→ Exercise
Look through the records below for the line holding "target_address = txt". Write it out exactly, with each following line through the line holding "-- Two chunks".

→ Extracted data
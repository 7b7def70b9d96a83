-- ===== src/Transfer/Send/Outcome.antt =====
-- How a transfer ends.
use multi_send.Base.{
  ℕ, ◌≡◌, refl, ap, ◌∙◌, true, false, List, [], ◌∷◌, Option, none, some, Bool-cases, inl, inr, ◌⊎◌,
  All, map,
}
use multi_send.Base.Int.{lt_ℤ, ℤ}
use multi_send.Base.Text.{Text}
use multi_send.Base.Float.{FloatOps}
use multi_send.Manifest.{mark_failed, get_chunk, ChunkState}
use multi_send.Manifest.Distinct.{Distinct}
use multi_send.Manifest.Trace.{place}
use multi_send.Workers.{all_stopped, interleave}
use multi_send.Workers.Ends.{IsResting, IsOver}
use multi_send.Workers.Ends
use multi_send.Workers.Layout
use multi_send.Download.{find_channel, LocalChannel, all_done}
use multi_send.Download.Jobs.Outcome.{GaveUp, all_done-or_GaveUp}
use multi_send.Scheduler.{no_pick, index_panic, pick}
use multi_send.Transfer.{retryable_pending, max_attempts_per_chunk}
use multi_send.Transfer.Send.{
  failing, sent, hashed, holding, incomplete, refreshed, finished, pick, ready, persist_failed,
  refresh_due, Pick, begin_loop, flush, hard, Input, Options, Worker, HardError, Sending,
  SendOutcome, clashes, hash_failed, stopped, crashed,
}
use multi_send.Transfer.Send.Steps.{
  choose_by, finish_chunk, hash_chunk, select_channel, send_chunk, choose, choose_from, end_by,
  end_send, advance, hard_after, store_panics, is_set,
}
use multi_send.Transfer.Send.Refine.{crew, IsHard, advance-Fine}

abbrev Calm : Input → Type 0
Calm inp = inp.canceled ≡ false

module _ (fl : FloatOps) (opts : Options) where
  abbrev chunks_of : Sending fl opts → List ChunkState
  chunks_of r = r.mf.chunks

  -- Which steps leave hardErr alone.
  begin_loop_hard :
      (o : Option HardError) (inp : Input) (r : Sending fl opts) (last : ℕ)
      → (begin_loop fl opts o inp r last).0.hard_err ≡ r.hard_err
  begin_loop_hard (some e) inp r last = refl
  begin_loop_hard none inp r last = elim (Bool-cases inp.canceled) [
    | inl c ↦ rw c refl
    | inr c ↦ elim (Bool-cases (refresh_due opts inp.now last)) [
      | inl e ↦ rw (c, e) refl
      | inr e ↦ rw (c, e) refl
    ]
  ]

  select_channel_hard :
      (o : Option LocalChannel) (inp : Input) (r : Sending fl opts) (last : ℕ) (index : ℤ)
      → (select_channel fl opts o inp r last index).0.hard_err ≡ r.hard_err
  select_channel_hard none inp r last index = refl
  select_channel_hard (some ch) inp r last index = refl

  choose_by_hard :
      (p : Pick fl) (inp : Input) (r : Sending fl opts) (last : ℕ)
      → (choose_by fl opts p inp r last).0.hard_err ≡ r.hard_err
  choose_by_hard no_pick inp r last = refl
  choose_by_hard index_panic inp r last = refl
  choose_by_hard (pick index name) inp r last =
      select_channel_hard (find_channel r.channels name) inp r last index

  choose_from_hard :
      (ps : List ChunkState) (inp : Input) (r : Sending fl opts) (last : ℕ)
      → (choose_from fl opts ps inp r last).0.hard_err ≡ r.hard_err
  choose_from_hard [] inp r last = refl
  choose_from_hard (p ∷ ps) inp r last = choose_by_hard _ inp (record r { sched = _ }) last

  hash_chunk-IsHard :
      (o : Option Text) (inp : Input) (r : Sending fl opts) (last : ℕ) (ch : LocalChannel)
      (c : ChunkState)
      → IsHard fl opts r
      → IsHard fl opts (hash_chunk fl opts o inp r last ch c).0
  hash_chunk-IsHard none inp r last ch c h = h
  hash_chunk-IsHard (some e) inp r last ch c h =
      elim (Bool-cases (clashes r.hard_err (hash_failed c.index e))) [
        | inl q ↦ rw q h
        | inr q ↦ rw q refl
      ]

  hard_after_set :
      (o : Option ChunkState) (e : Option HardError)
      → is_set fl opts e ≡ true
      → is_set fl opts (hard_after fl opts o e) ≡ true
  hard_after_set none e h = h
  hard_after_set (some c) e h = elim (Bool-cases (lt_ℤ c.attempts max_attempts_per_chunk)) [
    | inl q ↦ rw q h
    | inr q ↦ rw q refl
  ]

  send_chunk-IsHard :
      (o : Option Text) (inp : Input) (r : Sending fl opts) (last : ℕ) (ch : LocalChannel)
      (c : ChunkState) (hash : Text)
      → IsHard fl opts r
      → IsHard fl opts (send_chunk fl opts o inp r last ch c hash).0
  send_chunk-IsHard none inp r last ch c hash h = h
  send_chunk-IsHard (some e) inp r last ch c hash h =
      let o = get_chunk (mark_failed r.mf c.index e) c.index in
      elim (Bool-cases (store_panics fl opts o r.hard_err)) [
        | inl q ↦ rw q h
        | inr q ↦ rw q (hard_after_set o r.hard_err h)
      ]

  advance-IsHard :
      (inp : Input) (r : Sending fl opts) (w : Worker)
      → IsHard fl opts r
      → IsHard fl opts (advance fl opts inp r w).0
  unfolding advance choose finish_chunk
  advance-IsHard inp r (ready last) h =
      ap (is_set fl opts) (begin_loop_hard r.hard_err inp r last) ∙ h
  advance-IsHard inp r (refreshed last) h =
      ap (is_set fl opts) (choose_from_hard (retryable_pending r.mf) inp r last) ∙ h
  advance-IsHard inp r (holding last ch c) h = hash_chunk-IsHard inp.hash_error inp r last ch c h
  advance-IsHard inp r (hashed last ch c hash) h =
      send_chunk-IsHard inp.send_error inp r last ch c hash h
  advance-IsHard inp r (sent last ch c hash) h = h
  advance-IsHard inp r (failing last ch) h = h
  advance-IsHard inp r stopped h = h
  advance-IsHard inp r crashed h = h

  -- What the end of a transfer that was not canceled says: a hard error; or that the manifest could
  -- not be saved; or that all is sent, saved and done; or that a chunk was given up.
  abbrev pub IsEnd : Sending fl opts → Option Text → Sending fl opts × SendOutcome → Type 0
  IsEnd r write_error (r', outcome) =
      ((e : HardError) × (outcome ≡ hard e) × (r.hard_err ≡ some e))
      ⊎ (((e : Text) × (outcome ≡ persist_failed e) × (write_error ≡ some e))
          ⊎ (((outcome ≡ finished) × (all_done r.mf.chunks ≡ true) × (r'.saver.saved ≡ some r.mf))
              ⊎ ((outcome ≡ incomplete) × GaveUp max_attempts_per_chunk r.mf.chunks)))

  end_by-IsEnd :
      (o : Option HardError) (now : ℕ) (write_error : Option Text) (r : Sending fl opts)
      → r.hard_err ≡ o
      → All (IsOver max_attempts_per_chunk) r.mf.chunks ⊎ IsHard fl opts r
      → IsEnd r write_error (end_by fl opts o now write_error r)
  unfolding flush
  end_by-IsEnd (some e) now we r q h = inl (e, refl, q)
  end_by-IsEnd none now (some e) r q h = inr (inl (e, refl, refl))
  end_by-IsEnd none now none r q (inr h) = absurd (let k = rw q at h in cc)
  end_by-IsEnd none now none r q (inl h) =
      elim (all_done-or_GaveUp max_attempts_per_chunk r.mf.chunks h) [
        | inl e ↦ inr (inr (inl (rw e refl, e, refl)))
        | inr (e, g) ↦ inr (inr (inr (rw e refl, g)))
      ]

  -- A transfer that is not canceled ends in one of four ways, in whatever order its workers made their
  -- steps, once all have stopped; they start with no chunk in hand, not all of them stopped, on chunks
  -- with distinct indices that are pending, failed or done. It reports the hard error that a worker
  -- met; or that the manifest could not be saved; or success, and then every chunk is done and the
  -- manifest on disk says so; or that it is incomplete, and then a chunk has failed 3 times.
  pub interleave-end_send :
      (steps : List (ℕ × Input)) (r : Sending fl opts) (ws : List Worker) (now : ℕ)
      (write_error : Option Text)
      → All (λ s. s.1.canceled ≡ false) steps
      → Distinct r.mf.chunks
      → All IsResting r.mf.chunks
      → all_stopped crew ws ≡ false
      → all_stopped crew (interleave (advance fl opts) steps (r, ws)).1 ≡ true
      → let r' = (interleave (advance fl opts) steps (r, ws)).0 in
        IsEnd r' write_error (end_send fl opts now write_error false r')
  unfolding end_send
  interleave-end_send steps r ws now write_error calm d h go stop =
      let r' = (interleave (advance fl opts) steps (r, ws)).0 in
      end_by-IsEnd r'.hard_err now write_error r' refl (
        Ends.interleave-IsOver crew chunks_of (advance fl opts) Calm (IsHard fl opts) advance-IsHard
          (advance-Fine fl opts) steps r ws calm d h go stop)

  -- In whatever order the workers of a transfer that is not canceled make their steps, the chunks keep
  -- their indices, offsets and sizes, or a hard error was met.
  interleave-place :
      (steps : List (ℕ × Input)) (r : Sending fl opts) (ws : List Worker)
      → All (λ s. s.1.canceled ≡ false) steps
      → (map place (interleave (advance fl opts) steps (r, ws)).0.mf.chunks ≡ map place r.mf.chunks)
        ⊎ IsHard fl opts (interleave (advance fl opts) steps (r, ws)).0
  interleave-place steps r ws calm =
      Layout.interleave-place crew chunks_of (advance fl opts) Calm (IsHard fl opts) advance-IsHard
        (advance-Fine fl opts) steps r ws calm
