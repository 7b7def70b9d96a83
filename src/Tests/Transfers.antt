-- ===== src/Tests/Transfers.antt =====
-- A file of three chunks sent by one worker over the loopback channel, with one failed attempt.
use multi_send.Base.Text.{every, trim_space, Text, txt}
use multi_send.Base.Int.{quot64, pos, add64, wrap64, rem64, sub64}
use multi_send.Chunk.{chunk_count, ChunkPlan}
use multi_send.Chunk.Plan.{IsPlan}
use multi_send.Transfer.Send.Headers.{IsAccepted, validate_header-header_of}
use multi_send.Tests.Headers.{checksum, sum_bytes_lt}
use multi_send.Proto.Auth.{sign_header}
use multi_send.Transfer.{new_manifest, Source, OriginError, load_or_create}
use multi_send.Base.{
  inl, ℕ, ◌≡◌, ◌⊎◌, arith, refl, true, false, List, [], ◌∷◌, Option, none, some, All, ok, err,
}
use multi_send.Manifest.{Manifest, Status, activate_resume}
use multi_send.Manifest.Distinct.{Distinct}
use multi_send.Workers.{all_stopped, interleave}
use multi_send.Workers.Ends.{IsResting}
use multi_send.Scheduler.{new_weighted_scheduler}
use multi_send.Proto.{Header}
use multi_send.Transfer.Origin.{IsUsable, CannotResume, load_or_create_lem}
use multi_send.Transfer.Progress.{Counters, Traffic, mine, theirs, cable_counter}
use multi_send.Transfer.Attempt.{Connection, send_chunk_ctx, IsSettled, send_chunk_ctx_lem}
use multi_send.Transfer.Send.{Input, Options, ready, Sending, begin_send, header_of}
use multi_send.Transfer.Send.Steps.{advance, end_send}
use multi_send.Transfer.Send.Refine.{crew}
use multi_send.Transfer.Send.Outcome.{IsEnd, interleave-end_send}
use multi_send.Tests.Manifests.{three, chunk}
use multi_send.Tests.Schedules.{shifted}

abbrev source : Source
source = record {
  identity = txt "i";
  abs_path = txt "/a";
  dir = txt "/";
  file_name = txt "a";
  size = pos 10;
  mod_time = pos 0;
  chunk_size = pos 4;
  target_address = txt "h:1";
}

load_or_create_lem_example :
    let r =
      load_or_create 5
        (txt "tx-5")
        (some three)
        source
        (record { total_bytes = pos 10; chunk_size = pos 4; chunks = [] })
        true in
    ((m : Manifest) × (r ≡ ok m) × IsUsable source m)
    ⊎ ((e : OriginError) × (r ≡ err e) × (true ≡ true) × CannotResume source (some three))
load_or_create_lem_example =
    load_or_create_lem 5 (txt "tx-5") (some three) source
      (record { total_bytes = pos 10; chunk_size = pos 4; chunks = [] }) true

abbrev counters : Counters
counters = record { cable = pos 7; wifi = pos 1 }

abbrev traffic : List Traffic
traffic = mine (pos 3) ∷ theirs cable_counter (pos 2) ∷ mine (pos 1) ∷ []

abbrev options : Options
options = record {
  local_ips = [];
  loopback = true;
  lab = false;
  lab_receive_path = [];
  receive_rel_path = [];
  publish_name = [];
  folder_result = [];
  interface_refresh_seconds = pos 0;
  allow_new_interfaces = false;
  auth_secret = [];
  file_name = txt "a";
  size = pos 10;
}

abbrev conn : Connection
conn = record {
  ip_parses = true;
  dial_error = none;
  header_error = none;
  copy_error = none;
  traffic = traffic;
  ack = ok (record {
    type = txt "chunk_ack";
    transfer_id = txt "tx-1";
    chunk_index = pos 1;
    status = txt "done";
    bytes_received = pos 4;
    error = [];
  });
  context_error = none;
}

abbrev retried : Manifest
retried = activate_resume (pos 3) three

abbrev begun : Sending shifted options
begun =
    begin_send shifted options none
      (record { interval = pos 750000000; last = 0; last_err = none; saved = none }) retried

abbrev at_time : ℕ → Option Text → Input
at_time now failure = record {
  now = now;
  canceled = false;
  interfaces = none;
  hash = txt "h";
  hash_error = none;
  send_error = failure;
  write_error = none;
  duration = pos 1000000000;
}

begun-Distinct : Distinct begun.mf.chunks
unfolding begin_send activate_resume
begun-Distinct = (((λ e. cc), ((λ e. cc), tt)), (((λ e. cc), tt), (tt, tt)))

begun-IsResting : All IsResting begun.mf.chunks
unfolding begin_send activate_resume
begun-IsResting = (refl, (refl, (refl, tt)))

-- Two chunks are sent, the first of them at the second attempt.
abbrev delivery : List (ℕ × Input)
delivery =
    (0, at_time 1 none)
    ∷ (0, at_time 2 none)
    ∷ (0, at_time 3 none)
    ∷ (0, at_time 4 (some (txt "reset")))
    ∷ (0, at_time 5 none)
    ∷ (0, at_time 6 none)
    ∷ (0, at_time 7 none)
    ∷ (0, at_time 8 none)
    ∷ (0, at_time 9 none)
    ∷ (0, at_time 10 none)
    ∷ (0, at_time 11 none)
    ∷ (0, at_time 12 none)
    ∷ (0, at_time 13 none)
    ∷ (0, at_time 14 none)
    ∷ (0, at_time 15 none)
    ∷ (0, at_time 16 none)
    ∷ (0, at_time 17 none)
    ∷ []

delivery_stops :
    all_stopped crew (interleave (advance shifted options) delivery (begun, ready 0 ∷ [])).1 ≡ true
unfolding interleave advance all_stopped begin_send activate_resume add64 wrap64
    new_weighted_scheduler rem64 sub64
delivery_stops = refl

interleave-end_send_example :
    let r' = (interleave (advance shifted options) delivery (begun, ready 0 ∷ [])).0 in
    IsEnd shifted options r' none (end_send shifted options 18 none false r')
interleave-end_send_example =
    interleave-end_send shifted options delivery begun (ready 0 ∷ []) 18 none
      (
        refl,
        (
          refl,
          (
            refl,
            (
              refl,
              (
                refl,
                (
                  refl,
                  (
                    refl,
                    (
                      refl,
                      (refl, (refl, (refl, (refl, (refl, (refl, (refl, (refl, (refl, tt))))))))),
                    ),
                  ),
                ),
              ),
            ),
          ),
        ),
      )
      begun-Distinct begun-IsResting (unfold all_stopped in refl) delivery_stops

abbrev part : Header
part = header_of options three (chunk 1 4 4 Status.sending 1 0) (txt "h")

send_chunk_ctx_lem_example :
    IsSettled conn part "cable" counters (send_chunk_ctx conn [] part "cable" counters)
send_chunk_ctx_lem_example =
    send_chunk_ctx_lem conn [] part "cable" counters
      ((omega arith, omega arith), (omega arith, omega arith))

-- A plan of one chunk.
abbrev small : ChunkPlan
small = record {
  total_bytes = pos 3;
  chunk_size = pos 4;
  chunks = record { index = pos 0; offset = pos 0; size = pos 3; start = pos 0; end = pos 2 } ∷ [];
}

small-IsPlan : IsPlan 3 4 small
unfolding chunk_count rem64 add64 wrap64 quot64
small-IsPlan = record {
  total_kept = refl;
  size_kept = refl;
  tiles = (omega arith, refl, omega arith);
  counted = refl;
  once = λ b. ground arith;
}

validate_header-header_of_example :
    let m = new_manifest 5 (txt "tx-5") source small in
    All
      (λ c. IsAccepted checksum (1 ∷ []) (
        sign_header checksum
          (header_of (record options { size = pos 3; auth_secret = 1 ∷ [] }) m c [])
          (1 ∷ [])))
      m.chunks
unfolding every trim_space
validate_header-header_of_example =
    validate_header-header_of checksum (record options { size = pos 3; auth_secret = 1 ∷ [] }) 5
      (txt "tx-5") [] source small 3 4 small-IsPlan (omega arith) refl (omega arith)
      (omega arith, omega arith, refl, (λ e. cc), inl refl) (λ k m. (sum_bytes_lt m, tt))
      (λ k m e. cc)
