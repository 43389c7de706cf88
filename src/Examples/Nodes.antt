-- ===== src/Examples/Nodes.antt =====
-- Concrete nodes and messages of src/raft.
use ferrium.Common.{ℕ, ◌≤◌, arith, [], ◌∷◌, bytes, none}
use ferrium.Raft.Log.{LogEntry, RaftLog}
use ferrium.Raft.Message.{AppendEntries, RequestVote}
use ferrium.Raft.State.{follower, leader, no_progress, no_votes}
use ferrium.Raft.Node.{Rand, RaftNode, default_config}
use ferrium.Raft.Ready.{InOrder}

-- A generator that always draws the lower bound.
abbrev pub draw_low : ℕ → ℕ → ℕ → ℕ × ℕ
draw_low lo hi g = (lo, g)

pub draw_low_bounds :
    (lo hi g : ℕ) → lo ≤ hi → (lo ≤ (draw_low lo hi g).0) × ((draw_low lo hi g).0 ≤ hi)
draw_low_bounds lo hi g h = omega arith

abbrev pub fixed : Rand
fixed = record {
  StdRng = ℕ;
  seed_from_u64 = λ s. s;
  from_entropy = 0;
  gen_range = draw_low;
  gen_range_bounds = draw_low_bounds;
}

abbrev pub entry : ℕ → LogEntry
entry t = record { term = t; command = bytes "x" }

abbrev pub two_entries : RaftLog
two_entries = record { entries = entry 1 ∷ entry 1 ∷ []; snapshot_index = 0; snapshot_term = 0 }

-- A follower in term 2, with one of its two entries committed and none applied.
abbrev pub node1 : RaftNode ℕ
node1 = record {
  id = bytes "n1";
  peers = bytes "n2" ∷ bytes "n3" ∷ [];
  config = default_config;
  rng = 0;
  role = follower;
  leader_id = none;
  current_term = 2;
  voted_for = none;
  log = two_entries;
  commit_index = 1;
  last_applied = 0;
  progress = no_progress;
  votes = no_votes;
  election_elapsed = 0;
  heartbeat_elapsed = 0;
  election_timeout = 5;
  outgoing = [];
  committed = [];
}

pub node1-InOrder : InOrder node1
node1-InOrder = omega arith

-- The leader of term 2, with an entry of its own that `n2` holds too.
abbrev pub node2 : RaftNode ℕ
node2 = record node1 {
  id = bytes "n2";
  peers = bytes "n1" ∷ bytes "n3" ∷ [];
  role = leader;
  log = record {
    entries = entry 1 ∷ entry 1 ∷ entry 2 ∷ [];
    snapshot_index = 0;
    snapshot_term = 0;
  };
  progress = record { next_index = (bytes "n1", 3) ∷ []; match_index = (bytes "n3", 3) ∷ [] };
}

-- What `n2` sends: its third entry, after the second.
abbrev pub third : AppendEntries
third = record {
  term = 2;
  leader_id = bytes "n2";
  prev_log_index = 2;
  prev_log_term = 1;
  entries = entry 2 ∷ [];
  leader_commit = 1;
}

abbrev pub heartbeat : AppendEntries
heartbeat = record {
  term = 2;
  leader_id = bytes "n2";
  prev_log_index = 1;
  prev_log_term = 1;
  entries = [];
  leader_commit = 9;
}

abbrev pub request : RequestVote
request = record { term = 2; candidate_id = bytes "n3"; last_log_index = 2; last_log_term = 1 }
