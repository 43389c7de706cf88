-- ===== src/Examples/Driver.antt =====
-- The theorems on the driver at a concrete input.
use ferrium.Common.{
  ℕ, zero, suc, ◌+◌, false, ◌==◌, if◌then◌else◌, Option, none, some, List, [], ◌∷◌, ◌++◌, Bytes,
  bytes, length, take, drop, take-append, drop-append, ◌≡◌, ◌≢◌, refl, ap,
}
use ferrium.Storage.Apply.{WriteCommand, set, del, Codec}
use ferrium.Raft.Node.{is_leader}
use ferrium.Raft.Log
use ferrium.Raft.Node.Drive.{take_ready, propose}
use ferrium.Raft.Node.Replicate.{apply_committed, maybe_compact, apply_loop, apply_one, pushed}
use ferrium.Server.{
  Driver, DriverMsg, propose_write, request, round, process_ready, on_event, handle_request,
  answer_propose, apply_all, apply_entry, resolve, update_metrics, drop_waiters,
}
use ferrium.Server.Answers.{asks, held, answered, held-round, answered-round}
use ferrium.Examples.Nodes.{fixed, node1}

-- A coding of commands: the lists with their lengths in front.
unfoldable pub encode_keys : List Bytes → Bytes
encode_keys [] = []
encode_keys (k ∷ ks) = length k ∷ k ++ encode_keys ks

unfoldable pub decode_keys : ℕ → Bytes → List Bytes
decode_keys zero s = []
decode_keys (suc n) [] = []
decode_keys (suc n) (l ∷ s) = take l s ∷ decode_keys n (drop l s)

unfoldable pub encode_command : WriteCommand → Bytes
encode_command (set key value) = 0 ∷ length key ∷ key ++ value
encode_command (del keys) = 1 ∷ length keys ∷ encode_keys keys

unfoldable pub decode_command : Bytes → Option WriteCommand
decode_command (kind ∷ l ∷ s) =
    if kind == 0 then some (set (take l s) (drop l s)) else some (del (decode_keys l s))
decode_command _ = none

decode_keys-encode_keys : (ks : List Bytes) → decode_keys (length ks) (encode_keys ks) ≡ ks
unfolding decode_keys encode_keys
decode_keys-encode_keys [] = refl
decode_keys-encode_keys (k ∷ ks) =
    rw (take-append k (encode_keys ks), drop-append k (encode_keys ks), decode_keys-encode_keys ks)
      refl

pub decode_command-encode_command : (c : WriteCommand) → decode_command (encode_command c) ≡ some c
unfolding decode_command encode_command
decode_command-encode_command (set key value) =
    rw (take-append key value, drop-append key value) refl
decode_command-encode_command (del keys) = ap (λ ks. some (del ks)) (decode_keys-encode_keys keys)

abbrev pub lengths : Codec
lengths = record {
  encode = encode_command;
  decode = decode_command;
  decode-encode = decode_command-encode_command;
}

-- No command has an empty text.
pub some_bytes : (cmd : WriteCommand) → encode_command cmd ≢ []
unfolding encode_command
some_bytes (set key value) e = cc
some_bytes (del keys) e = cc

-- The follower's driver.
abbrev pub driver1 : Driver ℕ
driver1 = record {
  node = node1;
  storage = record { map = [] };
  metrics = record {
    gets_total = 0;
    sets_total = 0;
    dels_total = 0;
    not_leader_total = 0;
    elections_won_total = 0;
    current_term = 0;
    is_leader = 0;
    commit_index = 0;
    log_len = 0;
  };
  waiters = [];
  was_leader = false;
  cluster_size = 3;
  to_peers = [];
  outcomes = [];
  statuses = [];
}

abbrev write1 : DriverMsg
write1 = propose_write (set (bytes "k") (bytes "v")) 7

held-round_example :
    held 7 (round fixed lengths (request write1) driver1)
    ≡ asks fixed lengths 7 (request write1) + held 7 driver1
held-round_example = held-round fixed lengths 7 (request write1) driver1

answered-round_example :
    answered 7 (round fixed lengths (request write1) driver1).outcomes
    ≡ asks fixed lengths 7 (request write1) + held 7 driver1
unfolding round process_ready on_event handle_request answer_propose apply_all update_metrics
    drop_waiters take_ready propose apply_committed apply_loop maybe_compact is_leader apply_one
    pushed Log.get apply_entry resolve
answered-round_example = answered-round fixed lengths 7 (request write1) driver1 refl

→ Result of this task
  target_address = txt "h:1";
}

load_or_create_lem_example :
    let r =
      load_or_create 5
        (txt "tx-5")
        (some three)
        source
        (record { total_bytes = pos 10; chunk_size = pos 4; chunks = [] })
        true in
    ((m : Manifest) × (r ≡ ok m) × IsUsable source m)
    ⊎ ((e : OriginError) × (r ≡ err e) × (true ≡ true) × CannotResume source (some three))
load_or_create_lem_example =
    load_or_create_lem 5 (txt "tx-5") (some three) source
      (record { total_bytes = pos 10; chunk_size = pos 4; chunks = [] }) true

abbrev counters : Counters
counters = record { cable = pos 7; wifi = pos 1 }

abbrev traffic : List Traffic
traffic = mine (pos 3) ∷ theirs cable_counter (pos 2) ∷ mine (pos 1) ∷ []

abbrev options : Options
options = record {
  local_ips = [];
  loopback = true;
  lab = false;
  lab_receive_path = [];
  receive_rel_path = [];
  publish_name = [];
  folder_result = [];
  interface_refresh_seconds = pos 0;
  allow_new_interfaces = false;
  auth_secret = [];
  file_name = txt "a";
  size = pos 10;
}

abbrev conn : Connection
conn = record {
  ip_parses = true;
  dial_error = none;
  header_error = none;
  copy_error = none;
  traffic = traffic;
  ack = ok (record {
    type = txt "chunk_ack";
    transfer_id = txt "tx-1";
    chunk_index = pos 1;
    status = txt "done";
    bytes_received = pos 4;
    error = [];
  });
  context_error = none;
}

abbrev retried : Manifest
retried = activate_resume (pos 3) three

abbrev begun : Sending shifted options
begun =
    begin_send shifted options none
      (record { interval = pos 750000000; last = 0; last_err = none; saved = none }) retried

abbrev at_time : ℕ → Option Text → Input
at_time now failure = record {
  now = now;
  canceled = false;
  interfaces = none;
  hash = txt "h";
  hash_error = none;
  send_error = failure;
  write_error = none;
  duration = pos 1000000000;
}

begun-Distinct : Distinct begun.mf.chunks
unfolding begin_send activate_resume
begun-Distinct = (((λ e. cc), ((λ e. cc), tt)), (((λ e. cc), tt), (tt, tt)))

begun-IsResting : All IsResting begun.mf.chunks
unfolding begin_send activate_resume
begun-IsResting = (refl, (refl, (refl, tt)))

-- Two chunks are sent, the first of them at the second attempt.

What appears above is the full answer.